Tokay=my biggest fear in Bali. Causes lots of laughter/jokes amongst our team. Lives somewhere in our room. Holy Crap. Check it out: http://en.wikipedia.org/wiki/Tokay_gecko
The past few days we have gone into several schools, youth programs, and churches. Performing dramas, giving testimonies, and preaching are now in full swing. I gave a testimony at a youth program the other night...I think it went well. Our time here has been good and busy but I can't help but feel like there is more. When I walk out of the gates of our base and walk the short distance to the internet cafe, I am reminded that I may be the only opportunity these people get to hear the gospel. My heart longs for people to know this great God of mine. To know the freedom we have in Him. To know how loved they are. To know who created them. I am desperate to be used by Him and walk completely in His Spirit. It has been hard though. No matter how much sleep I get I am so tired. The heat literally drains every once of energy out of me. But, I do not want to miss any opportunities. We are here for such a short time so I must press into Him harder. I cannot have one foot in the present and one foot in the future. They must both be here, running to Him with everything in me. It is so hard not to think about what my life will look like come August. Or how great it will be to be reunited with friends and my amazing community. I am praying that my mind will be completely clear and completely focused on Bali. I am on a journey. I am learning what it looks like to love, look, and live like Jesus. I am constantly thinking/asking Him what I should do. Constantly trying to hear His voice.

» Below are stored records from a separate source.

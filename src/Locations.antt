-- ===== src/Locations.antt =====
-- internal/daemon/location_store.go: the last location that each source announced.
use disco.Base.{Str, Str_eq, pos, List, [], ◌∷◌, Option, none, some, eqb_ℤ, if◌then◌else◌}
use disco.Clock.{Time, unix, unix_time, sub_time}
use disco.Dict.{Dict, insert, lookup, values}
use disco.Timesync.Floats.{Floats}
use disco.Discovery.{LocationAnnounceMessage}
use disco.Protocol.{LocationHealth, format_duration}

module _ (fl : Floats) where
  pub record LocationStore : Type 0 where
    pub records : Dict Str (LocationHealth fl)

  unfoldable pub new_location_store : LocationStore
  new_location_store = record { records = [] }

  -- `AddOrUpdate`: a message without a timestamp gets the clock's.
  unfoldable pub add_location : Time → LocationAnnounceMessage fl → LocationStore → LocationStore
  add_location now msg ls = record ls {
    records =
        insert msg.source_id
          (record {
            source_id = msg.source_id;
            latitude = msg.location.latitude;
            longitude = msg.location.longitude;
            altitude = msg.location.altitude;
            satellites = msg.location.satellites;
            fixed = msg.location.fixed;
            last_seen = if eqb_ℤ msg.timestamp (pos 0) then unix now else msg.timestamp;
            last_seen_ago = [];
          })
          ls.records;
  }

  -- The copy that is given out, with its age as text.
  unfoldable pub aged : Time → LocationHealth fl → LocationHealth fl
  aged now r = record r { last_seen_ago = format_duration (sub_time now (unix_time r.last_seen)) }

  -- `Get` and `List`
  unfoldable pub get_location : Time → Str → LocationStore → Option (LocationHealth fl)
  unfolding aged
  get_location now source_id ls = elim (lookup source_id ls.records) [
    | none ↦ none
    | some r ↦ some (aged now r)
  ]

  unfoldable pub aged_all : Time → List (LocationHealth fl) → List (LocationHealth fl)
  aged_all now [] = []
  aged_all now (r ∷ rest) = aged now r ∷ aged_all now rest

  unfoldable pub list_locations : Time → LocationStore → List (LocationHealth fl)
  unfolding aged_all
  list_locations now ls = aged_all now (values ls.records)
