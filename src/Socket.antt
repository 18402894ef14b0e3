-- ===== src/Socket.antt =====
-- internal/daemon/socket.go: what SocketServer answers to a query. A handler reads the clock at one
-- instant, a failure to encode JSON cannot occur, and AnnounceService is an argument.
pub mod Views
pub mod Handlers
pub mod Announcing
pub mod Answers
pub mod Statuses
pub mod Effects
pub mod Services
pub mod Connections
pub mod Stopping
pub mod Needing
use disco.Base.{Str, ℤ, List, Option}
use disco.Timesync.Floats.{Floats}
use disco.Timesync.Service.{TimeSyncService}
use disco.Store.{RecordStore}
use disco.Locations.{LocationStore}

module _ (fl : Floats) where
  pub record SocketServer : Type 0 where
    pub store : RecordStore
    pub time_sync : Option (TimeSyncService fl)
    pub location_store : Option (LocationStore fl)

-- What the callback for announcements does with a name, a port and aliases: the store that it
-- leaves, and its error.
abbrev pub Announce : Type 0
Announce = Str → ℤ → List Str → RecordStore → RecordStore × Option Str
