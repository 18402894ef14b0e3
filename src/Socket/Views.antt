-- ===== src/Socket/Views.antt =====
-- internal/daemon/socket.go: the structs that the handlers make of records.
use disco.Base.{
  Str, Str_eq, bytes, pos, Bool, not, ◌&&◌, ◌||◌, List, [], ◌∷◌, ◌++◌, Option, none, some,
  if◌then◌else◌, ltb_ℤ, eqb_ℤ, ◌+ℤ◌, ◌-ℤ◌, wrap64, is_empty, ◌≟◌,
}
use disco.Clock.{Time, unix, unix_time, sub_time}
use disco.Dict.{Dict, lookup, insert}
use disco.Net.{split_host_port, atoi}
use disco.Nss.{Record, status_string}
use disco.Protocol.{RecordInfo, HostInfo, HostHealth, ServiceHost, ServiceHealth, format_duration}

unfoldable pub record_info : Record → RecordInfo
record_info r = record {
  hostname = r.hostname;
  addresses = r.addresses;
  services = r.services;
  timestamp = r.timestamp;
  ttl = r.ttl;
}

unfoldable pub service_names : Dict Str Str → List Str
service_names [] = []
service_names ((name, value) ∷ rest) = name ∷ service_names rest

-- The loop body of handleQueryListHosts, with int64 arithmetic.
unfoldable pub host_info : Time → Record → HostInfo
unfolding service_names
host_info now r =
    let expires_in = wrap64 (wrap64 (r.timestamp +ℤ r.ttl) -ℤ unix now) in
    record {
      hostname = r.hostname;
      addresses = r.addresses;
      services = service_names r.services;
      first_seen = if eqb_ℤ r.first_seen (pos 0) then r.timestamp else r.first_seen;
      last_seen = r.timestamp;
      ttl = r.ttl;
      expires_in = if ltb_ℤ expires_in (pos 0) then pos 0 else expires_in;
    }

unfoldable pub host_health : Time → Record → HostHealth
host_health now r = record {
  hostname = r.hostname;
  machine_id = r.machine_id;
  addresses = r.addresses;
  status = status_string r.status;
  services = r.services;
  last_seen = r.timestamp;
  last_seen_ago =
      if r.is_static
      then bytes "(static)"
      else format_duration (sub_time now (unix_time r.timestamp));
  is_static = r.is_static;
}

-- The test of handleHostsShow.
unfoldable pub is_named : Str → Record → Bool
is_named name r = (r.hostname ≟ name) || not (is_empty r.machine_id) && (r.machine_id ≟ name)

-- The host of a service whose text is an address and a port.
unfoldable pub service_host : Str → Str → Option ServiceHost
service_host hostname text = elim (split_host_port text) [
  | none ↦ none
  | some (host, port_text) ↦
      let (port, ok) = atoi port_text in
      if ok then some (record { hostname = hostname; address = host; port = port }) else none
]

-- `services[name] = append(services[name], host)`
unfoldable pub append_host :
    Str → ServiceHost → Dict Str (List ServiceHost) → Dict Str (List ServiceHost)
append_host name host m = elim (lookup name m) [
  | none ↦ insert name (host ∷ []) m
  | some hosts ↦ insert name (hosts ++ host ∷ []) m
]

-- The two loops of handleQueryListServices.
unfoldable pub add_services :
    Str → Dict Str Str → Dict Str (List ServiceHost) → Dict Str (List ServiceHost)
unfolding service_host append_host
add_services hostname [] m = m
add_services hostname ((name, text) ∷ rest) m =
    add_services hostname rest
      (elim (service_host hostname text) [ none ↦ m | some host ↦ append_host name host m ])

unfoldable pub service_hosts :
    List Record → Dict Str (List ServiceHost) → Dict Str (List ServiceHost)
service_hosts [] m = m
service_hosts (r ∷ rest) m = service_hosts rest (add_services r.hostname r.services m)

-- The loops of handleServicesList: the first record that has a service gives its protocol and
-- its status.
unfoldable pub add_health : Record → Dict Str Str → Dict Str ServiceHealth → Dict Str ServiceHealth
add_health r [] m = m
add_health r ((name, protocol) ∷ rest) m =
    let fresh : ServiceHealth = record {
      name = name;
      protocol = protocol;
      hosts = r.hostname ∷ [];
      status = status_string r.status;
    } in
    add_health r rest (elim (lookup name m) [
      | none ↦ insert name fresh m
      | some svc ↦ insert name (record svc { hosts = svc.hosts ++ r.hostname ∷ [] }) m
    ])

unfoldable pub services_health : List Record → Dict Str ServiceHealth → Dict Str ServiceHealth
services_health [] m = m
services_health (r ∷ rest) m = services_health rest (add_health r r.services m)

-- The loop of handleServicesShow over the records that have the service.
unfoldable pub show_service : Str → List Record → ServiceHealth → ServiceHealth
show_service name [] svc = svc
show_service name (r ∷ rest) svc = elim (lookup name r.services) [
  | none ↦ show_service name rest svc
  | some protocol ↦ show_service name rest (record svc {
    hosts = svc.hosts ++ r.hostname ∷ [];
    protocol = protocol;
    status =
        if is_empty svc.status || (svc.status ≟ bytes "healthy")
        then status_string r.status
        else svc.status;
  })
]
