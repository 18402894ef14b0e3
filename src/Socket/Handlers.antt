-- ===== src/Socket/Handlers.antt =====
-- internal/daemon/socket.go: handleQuery and the handlers. `none` is the panic of a time selection.
use disco.Base.{
  Str_eq, bytes, pos, ◌||◌, [], ◌∷◌, Option, none, some, if◌then◌else◌, ltb_ℤ, leb_ℤ, is_empty, ◌≟◌,
  map, length, find,
}
use disco.Clock.{Time}
use disco.Dict.{values}
use disco.Nss.{Record}
use disco.Protocol.{
  Query, QueryType, Response, Payload, ServiceHealth, ok_response, new_ok_response,
  new_not_found_response, new_error_response,
}
use disco.Store.{RecordStore, get, get_by_addr, list, list_all, forget, mark_lost}
use disco.Timesync.Floats.{Floats}
use disco.Timesync.Service.{TimeSyncService, System, force_update}
use disco.Locations.{LocationStore, get_location, list_locations}
use disco.Socket.{SocketServer, Announce}
use disco.Socket.Views.{
  record_info, host_info, host_health, is_named, service_hosts, services_health, show_service,
}

module _ (fl : Floats) (now : Time) (q : Query) where
  unfoldable pub answer_record : Option Record → Response fl
  answer_record none = new_not_found_response fl q.request_id
  answer_record (some r) = new_ok_response fl q.request_id r.hostname r.addresses

  unfoldable pub handle_query_by_name : RecordStore → Response fl
  unfolding answer_record
  handle_query_by_name s = answer_record (get s now q.name)

  unfoldable pub handle_query_by_addr : RecordStore → Response fl
  unfolding answer_record
  handle_query_by_addr s = answer_record (get_by_addr s now q.addr)

  unfoldable pub handle_query_list : RecordStore → Response fl
  handle_query_list s = record (ok_response fl q.request_id) {
    records = Payload.record_list (map record_info (list s now));
  }

  unfoldable pub handle_query_list_hosts : RecordStore → Response fl
  handle_query_list_hosts s = record (ok_response fl q.request_id) {
    records = Payload.host_list (map (host_info now) (list s now));
    count = length (list s now);
  }

  unfoldable pub handle_query_list_services : RecordStore → Response fl
  handle_query_list_services s =
      let services = service_hosts (list s now) [] in
      record (ok_response fl q.request_id) {
        records = Payload.service_map services;
        count = length services;
      }

  unfoldable pub handle_hosts_list : RecordStore → RecordStore × Response fl
  handle_hosts_list s =
      let (s', records) = list_all now s in
      (
        s',
        record (ok_response fl q.request_id) {
          hosts = map (host_health now) records;
          count = length records;
        },
      )

  unfoldable pub handle_hosts_show : RecordStore → RecordStore × Response fl
  handle_hosts_show s =
      if is_empty q.name
      then (s, new_error_response fl q.request_id (bytes "hostname or machine ID required"))
      else let (s', records) = list_all now s in
        (
          s',
          elim (find (is_named q.name) records) [
            | none ↦ new_not_found_response fl q.request_id
            | some r ↦ record (ok_response fl q.request_id) {
              hosts = host_health now r ∷ [];
              count = 1;
            }
          ],
        )

  unfoldable pub handle_hosts_forget : RecordStore → RecordStore × Response fl
  handle_hosts_forget s =
      if is_empty q.name
      then (s, new_error_response fl q.request_id (bytes "hostname required"))
      else (forget q.name s, new_ok_response fl q.request_id q.name [])

  unfoldable pub handle_hosts_mark_lost : RecordStore → RecordStore × Response fl
  handle_hosts_mark_lost s =
      if is_empty q.name
      then (s, new_error_response fl q.request_id (bytes "hostname required"))
      else (mark_lost q.name s, new_ok_response fl q.request_id q.name [])

  unfoldable pub handle_services_list : RecordStore → RecordStore × Response fl
  handle_services_list s =
      let (s', records) = list_all now s in
      let services = values (services_health records []) in
      (s', record (ok_response fl q.request_id) { services = services; count = length services })

  -- The service before the loop of handleServicesShow.
  unfoldable pub unseen_service : ServiceHealth
  unseen_service = record { name = q.name; protocol = []; hosts = []; status = [] }

  unfoldable pub handle_services_show : RecordStore → RecordStore × Response fl
  unfolding unseen_service
  handle_services_show s =
      if is_empty q.name
      then (s, new_error_response fl q.request_id (bytes "service name required"))
      else let (s', records) = list_all now s in
        let svc = show_service q.name records unseen_service in
        (
          s',
          elim svc.hosts [
            | [] ↦ new_not_found_response fl q.request_id
            | host ∷ rest ↦ record (ok_response fl q.request_id) { services = svc ∷ []; count = 1 }
          ],
        )

  unfoldable pub handle_service_announce : Option Announce → RecordStore → RecordStore × Response fl
  handle_service_announce none s =
      (s, new_error_response fl q.request_id (bytes "service announcements not available"))
  handle_service_announce (some announce) s =
      let (s', e) = announce q.name q.port q.aliases s in
      if is_empty q.name
      then (s, new_error_response fl q.request_id (bytes "service name required"))
      else if leb_ℤ q.port (pos 0) || ltb_ℤ (pos 65535) q.port
      then (s, new_error_response fl q.request_id (bytes "valid port required"))
      else (
        s',
        elim e [
          | some text ↦ new_error_response fl q.request_id text
          | none ↦ new_ok_response fl q.request_id q.name []
        ],
      )

  unfoldable pub handle_location_list : Option (LocationStore fl) → Response fl
  handle_location_list none = ok_response fl q.request_id
  handle_location_list (some ls) = record (ok_response fl q.request_id) {
    locations = list_locations fl now ls;
    count = length (list_locations fl now ls);
  }

  unfoldable pub show_location : Option (LocationStore fl) → Response fl
  show_location none = new_not_found_response fl q.request_id
  show_location (some ls) = elim (get_location fl now q.name ls) [
    | none ↦ new_not_found_response fl q.request_id
    | some r ↦ record (ok_response fl q.request_id) { locations = r ∷ []; count = 1 }
  ]

  unfoldable pub handle_location_show : Option (LocationStore fl) → Response fl
  unfolding show_location
  handle_location_show o =
      if is_empty q.name
      then new_error_response fl q.request_id (bytes "source ID required")
      else show_location o

  unfoldable pub handle_time_status : Option (TimeSyncService fl) → Response fl
  handle_time_status none = new_error_response fl q.request_id (bytes "time sync not enabled")
  handle_time_status (some ts) = record (ok_response fl q.request_id) {
    records = Payload.sync_status ts.status;
  }

  unfoldable pub handle_time_force_update :
      System fl → Option (TimeSyncService fl) → Option (Option (TimeSyncService fl) × Response fl)
  handle_time_force_update sys none =
      some (none, new_error_response fl q.request_id (bytes "time sync not enabled"))
  handle_time_force_update sys (some ts) =
      elim (force_update fl sys now ((q.name ≟ bytes "true") || (q.name ≟ bytes "1")) ts) [
        | none ↦ none
        | some (ts', call, result) ↦ some (
          some ts',
          record (ok_response fl q.request_id) { records = Payload.update_result result },
        )
      ]

  -- A response that leaves the server as it is, and one that comes with the store.
  abbrev pub reply : SocketServer fl → Response fl → Option (SocketServer fl × Response fl)
  reply s r = some (s, r)

  abbrev pub store_reply :
      SocketServer fl → RecordStore × Response fl → Option (SocketServer fl × Response fl)
  store_reply s (store, r) = some (record s { store = store }, r)

  unfoldable pub handle_query :
      System fl → Option Announce → SocketServer fl → Option (SocketServer fl × Response fl)
  handle_query sys announce s = elim q.query_type [
    | QueryType.query_by_name ↦ reply s (handle_query_by_name s.store)
    | QueryType.query_by_addr ↦ reply s (handle_query_by_addr s.store)
    | QueryType.query_list ↦ reply s (handle_query_list s.store)
    | QueryType.query_list_hosts ↦ reply s (handle_query_list_hosts s.store)
    | QueryType.query_list_services ↦ reply s (handle_query_list_services s.store)
    | QueryType.time_status ↦ reply s (handle_time_status s.time_sync)
    | QueryType.time_force_update ↦ elim (handle_time_force_update sys s.time_sync) [
      | none ↦ none
      | some (ts, r) ↦ some (record s { time_sync = ts }, r)
    ]
    | QueryType.hosts_list ↦ store_reply s (handle_hosts_list s.store)
    | QueryType.hosts_show ↦ store_reply s (handle_hosts_show s.store)
    | QueryType.hosts_forget ↦ store_reply s (handle_hosts_forget s.store)
    | QueryType.hosts_mark_lost ↦ store_reply s (handle_hosts_mark_lost s.store)
    | QueryType.services_list ↦ store_reply s (handle_services_list s.store)
    | QueryType.services_show ↦ store_reply s (handle_services_show s.store)
    | QueryType.services_forget ↦
        reply s
          (new_error_response fl q.request_id (bytes "not implemented: services are tied to hosts"))
    | QueryType.service_announce ↦ store_reply s (handle_service_announce announce s.store)
    | QueryType.location_list ↦ reply s (handle_location_list s.location_store)
    | QueryType.location_show ↦ reply s (handle_location_show s.location_store)
    | QueryType.other text ↦
        reply s (new_error_response fl q.request_id (bytes "unknown query type"))
  ]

The team has been really good. Lots of laughing. Not much frustration (which will come when you are constantly with 8 people for 3 months). This is community. We are all so different but are in Bali for one purpose. We desire to see His glory and His fame spread throughout the world.
The food is amazing. I look forward to every meal, which is very different compared to Africa.
Africa has been on my mind a lot lately. I love being here. Like seriously love it. BUT, I miss Uganda. I miss the African culture, the children, the praise, and the simple hope and joy on that continent.
The team is going through the book of Acts together. Great book. Read it. Chapter 4=amazing. Courage. Boldness. Awesomeness. ("For we CANNOT help speaking about what we have seen and heard" 4:20).
Tomorrow we have the day off. We're heading to the beach. Cannot tell you how excited I am about this. Kites are everywhere here. Can't wait to fly one tomorrow.
Just put up a link for pictures.
Ok, that's all for now.
I'm sweating...
"ok. i'm sweating."
ReplyDeletehaha.
so good to hear what you're up to. the beach? i'm jealous.
love reading through your thought-process.
keep loving people.
miss you!
this post made me laugh so hard bc i could literally hear your voice saying all of this. cant wait to hear you say tokaayyyy when you get back. in my mind right now it kind of sounds like your nell voice. loving you more and more!